It has been recognized in the prior art that it is desirable to provide a felt for use in papermaking machinery comprising an under layer made of relative rigid non-deformable material having a compressible felt layer thereon. The under layer is generally expected to provide a desired void volume for receiving and carrying off water removed from the paper sheet. For example, as the fabric with the paper sheet thereon passes between the nip rollers in the press section, the felt is compressed and water is transferred from the paper sheet to the felt. This water is intended to migrate through the felt and to be voided through the voids provided in the under layer.

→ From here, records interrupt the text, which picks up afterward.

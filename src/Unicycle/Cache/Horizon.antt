-- ===== src/Unicycle/Cache/Horizon.antt =====
-- reference_cache.cpp, `sampleHorizon`: the horizon that a solve is given.
use xgc2_ugv_controller.Base.{
  ℕ, zero, suc, ◌+◌, ◌<◌, ◌≡◌, refl, ap, subst, true, false, not, ◌||◌, List, [], ◌∷◌, length, ◌==◌,
  Option, none, some, pos, if_cases, Option-cases, Bool-cases, inl, inr, if◌then◌else◌, and_then,
  arith, and_then, arith,
}
use xgc2_ugv_controller.Floating.{Double, lit, ◌⊕◌, ◌⊖◌, ◌⊗◌, ◌≼◌, dmax}
use xgc2_ugv_controller.Clock.Time.{Time, Duration, sub_time, to_sec}
use xgc2_ugv_controller.Mecanum.Types.{AngleMath}
use xgc2_ugv_controller.Reference.Types.{TrajectoryMath}
use xgc2_ugv_controller.Unicycle.Cache.{
  EvaluatorMath, PlanarReference, ReferenceCache, Se2Reference, active_evaluator, follow_yaw,
  last_yaw, sample_horizon, samples_from, to_sample,
}

module _ {D E L : Type 0} ⦃f : Double D⦄ ⦃angle : AngleMath D⦄ (math : TrajectoryMath D E L)
    (more : EvaluatorMath D E L) (Turn : D → Type 0)
    (normal : (a : D) → Turn (angle.normalize_angle a)) (e : E) (base_t stage_dt : D) where
  -- The yaw of a reference, after the last one that was finite: that of the sample, where there is none
  -- or the sample's is not finite, and otherwise the last one and the normalized angle from it to the
  -- sample's.
  pub data YawOf (sampled yaw : D) : Option D → Type 0 where
    first : yaw ≡ sampled → YawOf sampled yaw none
    skipped :
        (previous : D)
        → f.isfinite sampled ≡ false
        → yaw ≡ sampled
        → YawOf sampled yaw (some previous)
    unwrapped :
        (previous d : D)
        → f.isfinite sampled ≡ true
        → d ≡ angle.normalize_angle (sampled ⊖ previous)
        → Turn d
        → yaw ≡ previous ⊕ d
        → YawOf sampled yaw (some previous)

  -- A reference is the trajectory's sample of its number, but for the yaw; its speed is the velocity along
  -- the heading that was sampled.
  pub record IsSample (i : ℕ) (previous : Option D) (r : PlanarReference D) (s : Se2Reference D)
      : Type 0 where
    pub evaluated : more.evaluate e (base_t ⊕ (f.of_ℤ (pos i) ⊗ stage_dt)) ≡ some r
    pub same_position : s.position ≡ r.position
    pub same_yaw_rate : s.yaw_rate ≡ r.yaw_rate
    pub along_heading :
        s.linear_speed ≡ ((r.velocity.x ⊗ f.cos r.yaw) ⊕ (r.velocity.y ⊗ f.sin r.yaw))
    pub same_flags : s.flags ≡ r.flags
    pub same_acceleration : s.linear_acceleration ≡ r.linear_acceleration
    pub follows : YawOf r.yaw s.yaw previous

  -- The references from the one of number `i`.
  pub data IsHorizon : ℕ → Option D → List (Se2Reference D) → Type 0 where
    ends : (i : ℕ) (previous : Option D) → IsHorizon i previous []
    goes_on :
        (i : ℕ) (previous : Option D) (r : PlanarReference D) (s : Se2Reference D)
        (rest : List (Se2Reference D))
        → IsSample i previous r s
        → IsHorizon (i + 1) (if f.isfinite r.yaw then some s.yaw else previous) rest
        → IsHorizon i previous (s ∷ rest)

  -- The next `n` references, from the one of number `i`, or the sample that the trajectory refuses.
  pub data Sampled (n i : ℕ) (previous : Option D) : Option (List (Se2Reference D)) → Type 0 where
    fails :
        (j : ℕ)
        → j < n
        → more.evaluate e (base_t ⊕ (f.of_ℤ (pos (i + j)) ⊗ stage_dt)) ≡ none
        → Sampled n i previous none
    gives :
        (refs : List (Se2Reference D))
        → length refs ≡ n
        → IsHorizon i previous refs
        → Sampled n i previous (some refs)

  YawOf-follow_yaw :
      (previous : Option D) (s : Se2Reference D) → YawOf s.yaw (follow_yaw previous s).yaw previous
  YawOf-follow_yaw none s = first refl
  YawOf-follow_yaw (some previous) s = elim (Bool-cases (f.isfinite s.yaw)) [
    | inl finite ↦ rw finite (unwrapped previous _ finite refl (normal _) refl)
    | inr not_finite ↦ rw not_finite (skipped previous not_finite refl)
  ]

  IsSample-follow_yaw :
      (i : ℕ) (previous : Option D) (r : PlanarReference D)
      → more.evaluate e (base_t ⊕ (f.of_ℤ (pos i) ⊗ stage_dt)) ≡ some r
      → IsSample i previous r (follow_yaw previous (to_sample math more r))
  unfolding to_sample
  IsSample-follow_yaw i none r evaluated = record {
    evaluated = evaluated;
    same_position = refl;
    same_yaw_rate = refl;
    along_heading = refl;
    same_flags = refl;
    same_acceleration = refl;
    follows = YawOf-follow_yaw none (to_sample math more r);
  }
  IsSample-follow_yaw i (some previous) r evaluated = record {
    evaluated = evaluated;
    same_position = ground arith;
    same_yaw_rate = ground arith;
    along_heading = ground arith;
    same_flags = ground arith;
    same_acceleration = ground arith;
    follows = YawOf-follow_yaw (some previous) (to_sample math more r);
  }

  Sampled-suc :
      (n i : ℕ) (previous : Option D) (r : PlanarReference D) (o : Option (List (Se2Reference D)))
      → more.evaluate e (base_t ⊕ (f.of_ℤ (pos i) ⊗ stage_dt)) ≡ some r
      → let raw = to_sample math more r in
        Sampled n (i + 1) (last_yaw previous raw) o
        → Sampled (suc n) i previous (and_then o (λ rest. some (follow_yaw previous raw ∷ rest)))
  unfolding to_sample
  Sampled-suc n i previous r none evaluated (fails j below refused) = fails (suc j) (omega arith) (
      subst (λ m. more.evaluate e (base_t ⊕ (f.of_ℤ (pos m) ⊗ stage_dt)) ≡ none) (omega arith)
        refused)
  Sampled-suc n i previous r (some refs) evaluated (gives _ count follows) =
      gives (follow_yaw previous (to_sample math more r) ∷ refs) (ap suc count)
        (goes_on i previous r _ refs (IsSample-follow_yaw i previous r evaluated) follows)

  pub samples_from-Sampled :
      (n i : ℕ) (previous : Option D)
      → Sampled n i previous (samples_from math more n i e base_t stage_dt previous)
  unfolding samples_from
  samples_from-Sampled zero i previous = gives [] refl (ends i previous)
  samples_from-Sampled (suc n) i previous =
      elim (Option-cases (more.evaluate e (base_t ⊕ (f.of_ℤ (pos i) ⊗ stage_dt)))) [
        | inl refused ↦ rw refused (
            fails 0 (omega arith) (
              subst (λ m. more.evaluate e (base_t ⊕ (f.of_ℤ (pos m) ⊗ stage_dt)) ≡ none)
                (omega arith) refused))
        | inr (r, evaluated) ↦ rw evaluated (
            Sampled-suc n i previous r _ evaluated
              (samples_from-Sampled n (i + 1) (last_yaw previous (to_sample math more r))))
      ]

module _ {D E L : Type 0} ⦃f : Double D⦄ ⦃angle : AngleMath D⦄ (math : TrajectoryMath D E L)
    (more : EvaluatorMath D E L) (Turn : D → Type 0)
    (normal : (a : D) → Turn (angle.normalize_angle a)) (now : Time) (stage_dt : D) where
  -- What a call gives: nothing for a step that is no duration or without a trajectory, an exception
  -- where the difference of the times is out of range, and otherwise the samples of the trajectory.
  pub data Horizon (horizon_steps : ℕ) (c : ReferenceCache E)
      : Option (Option (List (Se2Reference D))) → Type 0 where
    refuses :
        ((horizon_steps == 0) || not (f.isfinite stage_dt) || (stage_dt ≼ lit 0 0)) ≡ true
        → Horizon horizon_steps c (some none)
    is_inactive : active_evaluator math more c ≡ none → Horizon horizon_steps c (some none)
    throws : sub_time now c.start_time ≡ none → Horizon horizon_steps c none
    samples :
        (e : E) (elapsed : Duration) (o : Option (List (Se2Reference D)))
        → active_evaluator math more c ≡ some e
        → sub_time now c.start_time ≡ some elapsed
        → Sampled math more Turn normal e
            (dmax (lit 0 0) (to_sec elapsed))
            stage_dt
            (suc horizon_steps)
            0
            none
            o
        → Horizon horizon_steps c (some o)

  -- A call of `sampleHorizon` gives nothing for a number of steps or a step that is not positive or with
  -- no active trajectory, and throws where the time since the start of the trajectory is out of range.
  -- Otherwise it gives nothing where the trajectory refuses a sample, and else one reference more than
  -- there are steps: the trajectory's samples from that time on, or from 0 before the start, with the speed
  -- along the sampled heading; a finite yaw after a finite one is the last one and the normalized angle from
  -- it to the sampled yaw.
  pub sample_horizon-Horizon :
      (horizon_steps : ℕ) (c : ReferenceCache E)
      → Horizon horizon_steps c (sample_horizon math more now stage_dt horizon_steps c)
  unfolding sample_horizon
  sample_horizon-Horizon horizon_steps c =
      if_cases (Horizon horizon_steps c)
        ((horizon_steps == 0) || not (f.isfinite stage_dt) || (stage_dt ≼ lit 0 0)) refuses
        (λ _. elim (Option-cases (active_evaluator math more c)) [
          | inl inactive ↦ rw inactive (is_inactive inactive)
          | inr (e, active) ↦ rw active (elim (Option-cases (sub_time now c.start_time)) [
            | inl late ↦ rw late (throws late)
            | inr (elapsed, timed) ↦ rw timed (
                samples e elapsed _ active timed (
                  samples_from-Sampled math more Turn normal e (dmax (lit 0 0) (to_sec elapsed))
                    stage_dt (suc horizon_steps) 0 none))
          ])
        ])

The prior art, has recognised that a felted surface used in combination with an adder layer having a predetermined and controlled void volume may be utilised to provide a felt having relatively fine fibres for contacting the sheet of paper to be processed. US Patents 3 613 258, 4119753, 4 283 454 and 4 356 225 are representative of prior art attempts to control void volume.
In the forming section it has also been recognised that a high void volume or permeability in the base fabric is highly desirable. However, due to the nature of the papermaking process it is essential that the forming wire or fabric retain the fibrous material in the slurry while permitting rapid drainage of the fluid. One prior art attempt to produce a laminated non-woven papermakers Fourdrinier wire is disclosed in US Patent 3 121 660.

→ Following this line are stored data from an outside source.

-- ===== src/Unicycle/Config.antt =====
-- unicycle_ugv_controller/include/unicycle_ugv_controller/common/types.h: the configuration.
use xgc2_ugv_controller.Base.{Bool, true, false, ◌&&◌}
use xgc2_ugv_controller.Floating.{Double, lit, ◌≐◌}

pub data StateSource : Type 0 where
  state_estimator platform_pose : StateSource

pub data TrackingStrategy : Type 0 where
  nmpc flatness : TrackingStrategy

pub record NmpcCostWeights (D : Type 0) : Type 0 where
  pub position_x : D
  pub position_y : D
  pub yaw : D
  pub speed : D
  pub accel : D
  pub omega : D
  pub angular_accel : D
  pub terminal_position_x : D
  pub terminal_position_y : D
  pub terminal_yaw : D
  pub terminal_speed : D

-- common/heading_recovery.h
pub record HeadingRecoveryConfig (D : Type 0) : Type 0 where
  pub gain : D
  pub axis_bias : D
  pub rate_damping : D

pub record ControllerConfig (D : Type 0) : Type 0 where
  pub control_rate_hz : D
  pub status_publish_rate_hz : D
  pub control_period : D
  pub prediction_horizon : D
  pub state_timeout : D
  pub solve_timeout : D
  pub result_timeout : D
  pub command_publish_rate_hz : D
  pub idle_cmd_rate_hz : D
  pub nmpc_request_rate_hz : D
  pub auto_start_tracking : Bool
  pub state_source : StateSource
  pub tracking_strategy : TrackingStrategy
  pub reset_timeout : D
  pub reset_footprint_length : D
  pub reset_footprint_width : D
  pub reset_footprint_offset_x : D
  pub reset_footprint_offset_y : D
  pub reset_max_linear_speed : D
  pub reset_max_yaw_rate : D
  pub reset_linear_acceleration : D
  pub reset_angular_acceleration : D
  pub reset_lateral_offset_bound : D
  pub chassis_max_linear_speed : D
  pub chassis_max_yaw_rate : D
  pub max_linear_speed : D
  pub min_linear_speed : D
  pub max_angular_speed : D
  pub max_linear_acceleration : D
  pub max_angular_acceleration : D
  pub flatness_kp : D
  pub flatness_kv : D
  pub flatness_v_eps : D
  pub flatness_lateral_response_length : D
  pub flatness_lateral_damping : D
  pub heading_recovery : HeadingRecoveryConfig D
  pub filter_zeta : D
  pub filter_wn : D
  pub velocity_dt_min : D
  pub velocity_dt_max : D
  pub fence_x_min : D
  pub fence_x_max : D
  pub fence_y_min : D
  pub fence_y_max : D
  pub reset_initial_x : D
  pub reset_initial_y : D
  pub reset_initial_yaw : D
  pub nmpc_weights : NmpcCostWeights D

-- `usesPoseVelocityFilter`
abbrev pub uses_pose_velocity_filter : StateSource → Bool
uses_pose_velocity_filter StateSource.state_estimator = false
uses_pose_velocity_filter _ = true

module _ {D : Type 0} ⦃f : Double D⦄ where
  -- `operator==` of NmpcCostWeights
  abbrev pub same_weights : NmpcCostWeights D → NmpcCostWeights D → Bool
  same_weights a b =
      (a.position_x ≐ b.position_x)
      && (a.position_y ≐ b.position_y)
      && (a.yaw ≐ b.yaw)
      && (a.speed ≐ b.speed)
      && (a.accel ≐ b.accel)
      && (a.omega ≐ b.omega)
      && (a.angular_accel ≐ b.angular_accel)
      && (a.terminal_position_x ≐ b.terminal_position_x)
      && (a.terminal_position_y ≐ b.terminal_position_y)
      && (a.terminal_yaw ≐ b.terminal_yaw)
      && (a.terminal_speed ≐ b.terminal_speed)

  abbrev nmpc_cost_weights : NmpcCostWeights D
  nmpc_cost_weights = record {
    position_x = lit 20 0;
    position_y = lit 20 0;
    yaw = lit 8 0;
    speed = lit 4 0;
    accel = lit 4 1;
    omega = lit 10 0;
    angular_accel = lit 1 0;
    terminal_position_x = lit 60 0;
    terminal_position_y = lit 60 0;
    terminal_yaw = lit 20 0;
    terminal_speed = lit 10 0;
  }

  abbrev heading_recovery_config : HeadingRecoveryConfig D
  heading_recovery_config = record { gain = lit 0 0; axis_bias = lit 5 1; rate_damping = lit 5 1 }

  -- The values that the header gives to the fields; the three initial coordinates are `nan` there.
  abbrev pub controller_config : D → ControllerConfig D
  controller_config nan = record {
    control_rate_hz = lit 500 0;
    status_publish_rate_hz = lit 5 0;
    control_period = lit 1 1;
    prediction_horizon = lit 1 0;
    state_timeout = lit 5 1;
    solve_timeout = lit 5 2;
    result_timeout = lit 1 1;
    command_publish_rate_hz = lit 30 0;
    idle_cmd_rate_hz = lit 5 0;
    nmpc_request_rate_hz = lit 100 0;
    auto_start_tracking = false;
    state_source = StateSource.state_estimator;
    tracking_strategy = TrackingStrategy.nmpc;
    reset_timeout = lit 90 0;
    reset_footprint_length = lit 90 2;
    reset_footprint_width = lit 80 2;
    reset_footprint_offset_x = lit 0 0;
    reset_footprint_offset_y = lit 0 0;
    reset_max_linear_speed = lit 35 2;
    reset_max_yaw_rate = lit 5 1;
    reset_linear_acceleration = lit 35 2;
    reset_angular_acceleration = lit 6 1;
    reset_lateral_offset_bound = lit 25 2;
    chassis_max_linear_speed = lit 105 2;
    chassis_max_yaw_rate = lit 105 2;
    max_linear_speed = lit 3 0;
    min_linear_speed = f.neg (lit 15 1);
    max_angular_speed = lit 25 1;
    max_linear_acceleration = lit 2 0;
    max_angular_acceleration = lit 3 0;
    flatness_kp = lit 6 0;
    flatness_kv = lit 4 0;
    flatness_v_eps = lit 15 2;
    flatness_lateral_response_length = lit 8 1;
    flatness_lateral_damping = lit 1 0;
    heading_recovery = heading_recovery_config;
    filter_zeta = lit 7071067811865476 16;
    filter_wn = lit 3141592653589793 14;
    velocity_dt_min = lit 1 4;
    velocity_dt_max = lit 2 1;
    fence_x_min = f.neg (lit 20 0);
    fence_x_max = lit 20 0;
    fence_y_min = f.neg (lit 20 0);
    fence_y_max = lit 20 0;
    reset_initial_x = nan;
    reset_initial_y = nan;
    reset_initial_yaw = nan;
    nmpc_weights = nmpc_cost_weights;
  }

FR-A-2 494 319 discloses a papermakers fabric in accordance with the precharacterising portion of claim 1. The invention is characterised in claim 1 and the greater width of portions of the loops of the special strips as compared with the original monofilament diameter provides improved control of variations in the permeability and void volume of the under layer without affecting the manner in which the upper layer is attached thereto. The adhesion of the upper layer to the lower layer is facilitated by the greater width portions.
The upper fabric may be adhered to the under layer by the selective application of adhesive to the under layer and/or to the upper layer or may be achieved by including meltable adhesive means within the upper layer. The under layer and the upper layer are unified into a single fabric, such as by the application of heat and pressure efficient to activate the adhesive, and form a single fabric as used in the papemaking equipment.

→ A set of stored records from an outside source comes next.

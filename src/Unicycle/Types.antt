-- ===== src/Unicycle/Types.antt =====
-- unicycle_ugv_controller/include/unicycle_ugv_controller/common/types.h, and the predicates of
-- src/common_types.cpp. The operator's commands, the modes, the outcomes of commands and the Reset target
-- are those of the mecanum controller.
use xgc2_ugv_controller.Base.{
  ℕ, ◌/◌, ◌%◌, Bool, false, not, ◌&&◌, ◌||◌, Option, some, ℤ, sub_ℕ, pos_part, neg_part,
  if◌then◌else◌, and_then, ◌==◌,
}
use xgc2_ugv_controller.Floating.{Double, lit, ◌⊕◌, ◌⊗◌, ◌≺◌, ◌≼◌}
use xgc2_ugv_controller.Clock.Time.{Time, zero_time, sub_time, to_sec}
use xgc2_ugv_controller.Unicycle.Config.{ControllerConfig}

pub record UgvState (D : Type 0) : Type 0 where
  pub stamp : Time
  pub x : D
  pub y : D
  pub yaw : D
  pub vx : D
  pub vy : D
  pub speed : D
  pub yaw_rate : D
  pub estimator_state : ℕ  -- uint8_t
  pub estimator_flags : ℕ  -- uint32_t
  pub received : Bool
  pub pose_stamp_trusted : Bool
  pub velocity_valid : Bool

pub record ControlCommand (D : Type 0) : Type 0 where
  pub stamp : Time
  pub linear_speed : D
  pub angular_speed : D
  pub valid : Bool

pub record CmdVel (D : Type 0) : Type 0 where
  pub linear_x : D
  pub angular_z : D

pub record WorldPvaReference (D : Type 0) : Type 0 where
  pub stamp : Time
  pub x : D
  pub y : D
  pub yaw : D
  pub vx : D
  pub vy : D
  pub ax : D
  pub ay : D
  pub valid : Bool

pub data ControllerOutput (D : Type 0) : Type 0 where
  solve_nmpc : ℕ → D → ControllerOutput D  -- the sequence is a uint64_t
  publish_command publish_zero : D → ControllerOutput D

pub record NmpcCompletion (D : Type 0) : Type 0 where
  pub sequence : ℕ  -- uint64_t
  pub command : Option (ControlCommand D)

-- common/rigid_estimate_health.h; the flag of a fault is 256, one bit.
abbrev pub rigid_estimate_healthy : ℕ → ℕ → Bool
rigid_estimate_healthy estimator_state flags = (estimator_state == 3) && (flags / 256 % 2 == 0)

module _ {D : Type 0} ⦃f : Double D⦄ where
  -- `static_cast<int64_t>`: the fraction is dropped.
  abbrev pub trunc_int : D → ℤ
  trunc_int a =
      let down = f.floor_int (f.neg a) in
      if a ≺ lit 0 0 then sub_ℕ (neg_part down) (pos_part down) else f.floor_int a

  abbrev pub no_control : ControlCommand D
  no_control = record {
    stamp = zero_time;
    linear_speed = lit 0 0;
    angular_speed = lit 0 0;
    valid = false;
  }

  abbrev pub no_twist : CmdVel D
  no_twist = record { linear_x = lit 0 0; angular_z = lit 0 0 }

  abbrev pub no_pva : WorldPvaReference D
  no_pva = record {
    stamp = zero_time;
    x = lit 0 0;
    y = lit 0 0;
    yaw = lit 0 0;
    vx = lit 0 0;
    vy = lit 0 0;
    ax = lit 0 0;
    ay = lit 0 0;
    valid = false;
  }

  unfoldable pub finite_pose : UgvState D → Bool
  finite_pose s = f.isfinite s.x && f.isfinite s.y && f.isfinite s.yaw

  abbrev pub finite_state : UgvState D → Bool
  finite_state s = finite_pose s && f.isfinite s.speed && f.isfinite s.yaw_rate

  -- `stateFresh`; `none` is the exception of the difference of the times.
  unfoldable pub state_fresh : UgvState D → Time → D → Option Bool
  unfolding finite_pose
  state_fresh s now timeout = and_then (sub_time now s.stamp) (λ d.
      let age = to_sec d in
      some (
        s.received
        && finite_pose s
        && (lit 0 0 ≺ timeout)
        && f.isfinite age
        && (f.neg (lit 5 2) ≼ age)
        && (age ≼ timeout)))

  unfoldable pub inside_fence : UgvState D → ControllerConfig D → Bool
  inside_fence s c =
      if not (f.isfinite c.fence_x_min)
        || not (f.isfinite c.fence_x_max)
        || not (f.isfinite c.fence_y_min)
        || not (f.isfinite c.fence_y_max)
        || (c.fence_x_max ≼ c.fence_x_min)
        || (c.fence_y_max ≼ c.fence_y_min)
      then false
      else (c.fence_x_min ≼ s.x)
        && (s.x ≼ c.fence_x_max)
        && (c.fence_y_min ≼ s.y)
        && (s.y ≼ c.fence_y_max)

  abbrev pub body_speed_from_world : D → D → D → D
  body_speed_from_world yaw vx vy = (f.cos yaw ⊗ vx) ⊕ (f.sin yaw ⊗ vy)

  abbrev pub world_pva_ready : WorldPvaReference D → Bool
  world_pva_ready s =
      s.valid
      && f.isfinite s.x
      && f.isfinite s.y
      && f.isfinite s.vx
      && f.isfinite s.vy
      && f.isfinite s.ax
      && f.isfinite s.ay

Our EP-A-0 171 891 is an Article 54(3) publication which does not disclose the advantageous requirement of the present invention for the upper layer to have a 10 to 48% open area.

Brief description of the drawings

Figure 1 is a top plan fragmentary view of an under layer of fabric showing a plurality of intermeshed spiral strips, each of the spirals having modified mid-sections.
Figure 2 is a section which depicts a side elevational view of a fabric similar to that of Figure 1 but in which only the portions of the strips forming the upper surface of the under layer have modified mid-sections.
Figure 3 is an illustrative drawing showing a non-woven upper layer which may be applied to the fabric of Figure 1.
Figure 4 is an illustrative drawing showing the non-woven upper layer of Figure 3 as applied to the under layer.

With reference to Figure 1, there is shown an under layer or base fabric generally referenced as 2. The under layer or base fabric 2 is comprised of a plurality of intermeshed spiral strips 4 which are retained in the intermeshed condition by a plurality of pintles 10. Each of the spiral strips 4 is a monofilament comprised of a plurality of spirals 6. Formation of spiral strips 4 will be discussed in more detail hereinafter. Each of the spirals 6 is comprised of an upper face 8(a), a lower face 8(b) and connecting links 8(c). In the embodiment shown in Figure 1, upper face 8(a) and lower face 8(b) are modified and have a surface width greater than the connecting links 8(c). The modification of upper face 8(a) and lower face 8(b) result in a fabric having reduced void volume and/or permeability. Depending upon the degree of control desired, both the upper and lower face may be modified as shown in Figure 1 or only a single face may be modified. If only a single face is to be modified, it is generally preferred to modify the upper face 8(a) as this is the portion of the fabric which will be closest to the paper supporting surface.
It will be appreciated that the monofilament of spiral strip 4 is rigid or incompressible and not easily deformed in the fabric.
With respect to formation of the spiral strips and the upper formation of upper and lower faces 8(a) and 8(b), which may be formed after the formation of the spiral strips, equipment for each of these purposes is available from EHVAK Mas- chinen GmbH, Niederroder Weg 10,6056 Heusen- stamm, West Germany.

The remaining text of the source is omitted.